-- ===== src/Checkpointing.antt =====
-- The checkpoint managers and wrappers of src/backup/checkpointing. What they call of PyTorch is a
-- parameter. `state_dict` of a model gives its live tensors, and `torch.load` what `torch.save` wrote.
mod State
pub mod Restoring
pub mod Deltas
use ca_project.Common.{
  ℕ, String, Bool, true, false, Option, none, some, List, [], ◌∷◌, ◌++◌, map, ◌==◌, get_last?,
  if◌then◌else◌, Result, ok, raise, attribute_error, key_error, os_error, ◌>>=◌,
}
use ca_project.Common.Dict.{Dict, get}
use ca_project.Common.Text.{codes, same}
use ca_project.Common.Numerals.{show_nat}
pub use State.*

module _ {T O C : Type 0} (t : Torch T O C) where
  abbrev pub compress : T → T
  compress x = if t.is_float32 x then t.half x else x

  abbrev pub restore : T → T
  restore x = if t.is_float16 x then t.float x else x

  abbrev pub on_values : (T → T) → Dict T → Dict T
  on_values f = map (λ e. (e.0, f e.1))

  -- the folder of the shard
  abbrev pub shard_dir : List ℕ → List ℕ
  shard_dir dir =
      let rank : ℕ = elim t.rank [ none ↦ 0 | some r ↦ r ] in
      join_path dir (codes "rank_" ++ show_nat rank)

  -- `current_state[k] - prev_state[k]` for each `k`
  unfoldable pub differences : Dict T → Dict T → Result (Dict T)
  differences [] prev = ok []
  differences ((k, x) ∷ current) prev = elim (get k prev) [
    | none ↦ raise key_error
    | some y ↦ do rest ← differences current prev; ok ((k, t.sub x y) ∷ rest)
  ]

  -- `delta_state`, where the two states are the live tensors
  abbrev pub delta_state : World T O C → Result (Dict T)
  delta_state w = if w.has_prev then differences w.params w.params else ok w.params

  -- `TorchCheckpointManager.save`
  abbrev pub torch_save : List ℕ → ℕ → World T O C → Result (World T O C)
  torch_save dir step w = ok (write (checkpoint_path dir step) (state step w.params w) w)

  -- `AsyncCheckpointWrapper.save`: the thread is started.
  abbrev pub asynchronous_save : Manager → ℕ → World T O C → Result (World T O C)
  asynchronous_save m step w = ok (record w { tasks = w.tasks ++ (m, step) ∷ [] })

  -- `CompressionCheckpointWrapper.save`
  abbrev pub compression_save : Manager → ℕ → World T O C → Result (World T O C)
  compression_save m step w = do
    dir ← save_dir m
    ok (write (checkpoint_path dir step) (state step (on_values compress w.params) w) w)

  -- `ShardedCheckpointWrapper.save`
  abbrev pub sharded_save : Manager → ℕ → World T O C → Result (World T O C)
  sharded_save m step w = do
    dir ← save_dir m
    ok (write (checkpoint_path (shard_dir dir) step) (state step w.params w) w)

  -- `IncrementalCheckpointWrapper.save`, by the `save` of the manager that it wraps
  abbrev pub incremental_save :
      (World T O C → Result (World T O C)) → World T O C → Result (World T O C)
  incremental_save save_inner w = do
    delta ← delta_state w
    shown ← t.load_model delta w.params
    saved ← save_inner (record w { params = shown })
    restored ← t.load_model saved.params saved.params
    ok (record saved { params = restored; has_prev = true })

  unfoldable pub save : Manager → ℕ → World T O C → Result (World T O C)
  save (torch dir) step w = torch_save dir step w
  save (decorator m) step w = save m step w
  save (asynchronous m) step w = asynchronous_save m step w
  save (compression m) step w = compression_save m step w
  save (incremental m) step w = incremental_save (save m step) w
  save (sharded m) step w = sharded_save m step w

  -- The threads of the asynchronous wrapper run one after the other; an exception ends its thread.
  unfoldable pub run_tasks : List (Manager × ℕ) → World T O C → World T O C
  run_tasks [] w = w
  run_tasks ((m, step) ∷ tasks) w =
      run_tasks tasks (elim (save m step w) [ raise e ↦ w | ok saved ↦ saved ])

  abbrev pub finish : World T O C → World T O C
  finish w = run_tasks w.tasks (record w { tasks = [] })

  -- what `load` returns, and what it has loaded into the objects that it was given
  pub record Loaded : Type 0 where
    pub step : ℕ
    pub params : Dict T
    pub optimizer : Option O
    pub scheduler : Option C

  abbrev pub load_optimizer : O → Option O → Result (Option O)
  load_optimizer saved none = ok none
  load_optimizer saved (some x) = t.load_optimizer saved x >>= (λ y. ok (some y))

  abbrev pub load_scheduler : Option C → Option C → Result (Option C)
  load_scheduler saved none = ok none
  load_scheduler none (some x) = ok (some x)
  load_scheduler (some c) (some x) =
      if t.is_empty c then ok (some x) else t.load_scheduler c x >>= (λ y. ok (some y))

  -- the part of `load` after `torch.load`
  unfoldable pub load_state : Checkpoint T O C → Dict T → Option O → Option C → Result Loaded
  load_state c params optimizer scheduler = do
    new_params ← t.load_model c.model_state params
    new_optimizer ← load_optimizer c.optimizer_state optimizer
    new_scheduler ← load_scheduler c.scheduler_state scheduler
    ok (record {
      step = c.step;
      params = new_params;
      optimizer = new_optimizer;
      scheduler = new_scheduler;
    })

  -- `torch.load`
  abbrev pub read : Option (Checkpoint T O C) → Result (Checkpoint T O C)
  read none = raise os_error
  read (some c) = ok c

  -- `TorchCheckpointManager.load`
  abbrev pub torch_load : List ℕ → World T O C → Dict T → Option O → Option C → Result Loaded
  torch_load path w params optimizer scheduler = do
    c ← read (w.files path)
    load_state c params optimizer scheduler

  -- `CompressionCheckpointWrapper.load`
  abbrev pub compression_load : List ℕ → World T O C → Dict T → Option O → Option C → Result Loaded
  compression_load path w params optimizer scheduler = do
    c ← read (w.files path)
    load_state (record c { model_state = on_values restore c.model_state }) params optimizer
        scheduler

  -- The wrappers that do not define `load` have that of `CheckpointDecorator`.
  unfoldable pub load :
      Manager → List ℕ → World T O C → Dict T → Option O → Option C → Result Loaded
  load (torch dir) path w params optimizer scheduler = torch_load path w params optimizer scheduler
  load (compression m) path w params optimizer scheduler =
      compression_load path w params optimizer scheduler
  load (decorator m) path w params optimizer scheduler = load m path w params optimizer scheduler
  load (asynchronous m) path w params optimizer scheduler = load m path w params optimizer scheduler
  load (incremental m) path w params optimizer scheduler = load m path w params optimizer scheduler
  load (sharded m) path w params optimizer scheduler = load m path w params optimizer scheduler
*****
Would you reproduce every record above exactly as it appears?

-- ===== src/Checkpointing.antt =====
-- The checkpoint managers and wrappers of src/backup/checkpointing. What they call of PyTorch is a
-- parameter. `state_dict` of a model gives its live tensors, and `torch.load` what `torch.save` wrote.
mod State
pub mod Restoring
pub mod Deltas
use ca_project.Common.{
  ℕ, String, Bool, true, false, Option, none, some, List, [], ◌∷◌, ◌++◌, map, ◌==◌, get_last?,
  if◌then◌else◌, Result, ok, raise, attribute_error, key_error, os_error, ◌>>=◌,
}
use ca_project.Common.Dict.{Dict, get}
use ca_project.Common.Text.{codes, same}
use ca_project.Common.Numerals.{show_nat}
pub use State.*

module _ {T O C : Type 0} (t : Torch T O C) where
  abbrev pub compress : T → T
  compress x = if t.is_float32 x then t.half x else x

  abbrev pub restore : T → T
  restore x = if t.is_float16 x then t.float x else x

  abbrev pub on_values : (T → T) → Dict T → Dict T
  on_values f = map (λ e. (e.0, f e.1))

  -- the folder of the shard
  abbrev pub shard_dir : List ℕ → List ℕ
  shard_dir dir =
      let rank : ℕ = elim t.rank [ none ↦ 0 | some r ↦ r ] in
      join_path dir (codes "rank_" ++ show_nat rank)

  -- `current_state[k] - prev_state[k]` for each `k`
  unfoldable pub differences : Dict T → Dict T → Result (Dict T)
  differences [] prev = ok []
  differences ((k, x) ∷ current) prev = elim (get k prev) [
    | none ↦ raise key_error
    | some y ↦ do rest ← differences current prev; ok ((k, t.sub x y) ∷ rest)
  ]

  -- `delta_state`, where the two states are the live tensors
  abbrev pub delta_state : World T O C → Result (Dict T)
  delta_state w = if w.has_prev then differences w.params w.params else ok w.params

  -- `TorchCheckpointManager.save`
  abbrev pub torch_save : List ℕ → ℕ → World T O C → Result (World T O C)
  torch_save dir step w = ok (write (checkpoint_path dir step) (state step w.params w) w)

  -- `AsyncCheckpointWrapper.save`: the thread is started.
  abbrev pub asynchronous_save : Manager → ℕ → World T O C → Result (World T O C)
  asynchronous_save m step w = ok (record w { tasks = w.tasks ++ (m, step) ∷ [] })

  -- `CompressionCheckpointWrapper.save`
  abbrev pub compression_save : Manager → ℕ → World T O C → Result (World T O C)
  compression_save m step w = do
    dir ← save_dir m
    ok (write (checkpoint_path dir step) (state step (on_values compress w.params) w) w)

  -- `ShardedCheckpointWrapper.save`
  abbrev pub sharded_save : Manager → ℕ → World T O C → Result (World T O C)
  sharded_save m step w = do
    dir ← save_dir m
    ok (write (checkpoint_path (shard_dir dir) step) (state step w.params w) w)

  -- `IncrementalCheckpointWrapper.save`, by the `save` of the manager that it wraps
  abbrev pub incremental_save :
      (World T O C → Result (World T O C)) → World T O C → Result (World T O C)
  incremental_save save_inner w = do
    delta ← delta_state w
    shown ← t.load_model delta w.params
    saved ← save_inner (record w { params = shown })
    restored ← t.load_model saved.params saved.params
    ok (record saved { params = restored; has_prev = true })

  unfoldable pub save : Manager → ℕ → World T O C → Result (World T O C)
  save (torch dir) step w = torch_save dir step w
  save (decorator m) step w = save m step w
  save (asynchronous m) step w = asynchronous_save m step w
  save (compression m) step w = compression_save m step w
  save (incremental m) step w = incremental_save (save m step) w
  save (sharded m) step w = sharded_save m step w

  -- The threads of the asynchronous wrapper run one after the other; an exception ends its thread.
  unfoldable pub run_tasks : List (Manager × ℕ) → World T O C → World T O C
  run_tasks [] w = w
  run_tasks ((m, step) ∷ tasks) w =
      run_tasks tasks (elim (save m step w) [ raise e ↦ w | ok saved ↦ saved ])

  abbrev pub finish : World T O C → World T O C
  finish w = run_tasks w.tasks (record w { tasks = [] })

  -- what `load` returns, and what it has loaded into the objects that it was given
  pub record Loaded : Type 0 where
    pub step : ℕ
    pub params : Dict T
    pub optimizer : Option O
    pub scheduler : Option C

  abbrev pub load_optimizer : O → Option O → Result (Option O)
  load_optimizer saved none = ok none
  load_optimizer saved (some x) = t.load_optimizer saved x >>= (λ y. ok (some y))

  abbrev pub load_scheduler : Option C → Option C → Result (Option C)
  load_scheduler saved none = ok none
  load_scheduler none (some x) = ok (some x)
  load_scheduler (some c) (some x) =
      if t.is_empty c then ok (some x) else t.load_scheduler c x >>= (λ y. ok (some y))

  -- the part of `load` after `torch.load`
  unfoldable pub load_state : Checkpoint T O C → Dict T → Option O → Option C → Result Loaded
  load_state c params optimizer scheduler = do
    new_params ← t.load_model c.model_state params
    new_optimizer ← load_optimizer c.optimizer_state optimizer
    new_scheduler ← load_scheduler c.scheduler_state scheduler
    ok (record {
      step = c.step;
      params = new_params;
      optimizer = new_optimizer;
      scheduler = new_scheduler;
    })

  -- `torch.load`
  abbrev pub read : Option (Checkpoint T O C) → Result (Checkpoint T O C)
  read none = raise os_error
  read (some c) = ok c

  -- `TorchCheckpointManager.load`
  abbrev pub torch_load : List ℕ → World T O C → Dict T → Option O → Option C → Result Loaded
  torch_load path w params optimizer scheduler = do
    c ← read (w.files path)
    load_state c params optimizer scheduler

  -- `CompressionCheckpointWrapper.load`
  abbrev pub compression_load : List ℕ → World T O C → Dict T → Option O → Option C → Result Loaded
  compression_load path w params optimizer scheduler = do
    c ← read (w.files path)
    load_state (record c { model_state = on_values restore c.model_state }) params optimizer
        scheduler

  -- The wrappers that do not define `load` have that of `CheckpointDecorator`.
  unfoldable pub load :
      Manager → List ℕ → World T O C → Dict T → Option O → Option C → Result Loaded
  load (torch dir) path w params optimizer scheduler = torch_load path w params optimizer scheduler
  load (compression m) path w params optimizer scheduler =
      compression_load path w params optimizer scheduler
  load (decorator m) path w params optimizer scheduler = load m path w params optimizer scheduler
  load (asynchronous m) path w params optimizer scheduler = load m path w params optimizer scheduler
  load (incremental m) path w params optimizer scheduler = load m path w params optimizer scheduler
  load (sharded m) path w params optimizer scheduler = load m path w params optimizer scheduler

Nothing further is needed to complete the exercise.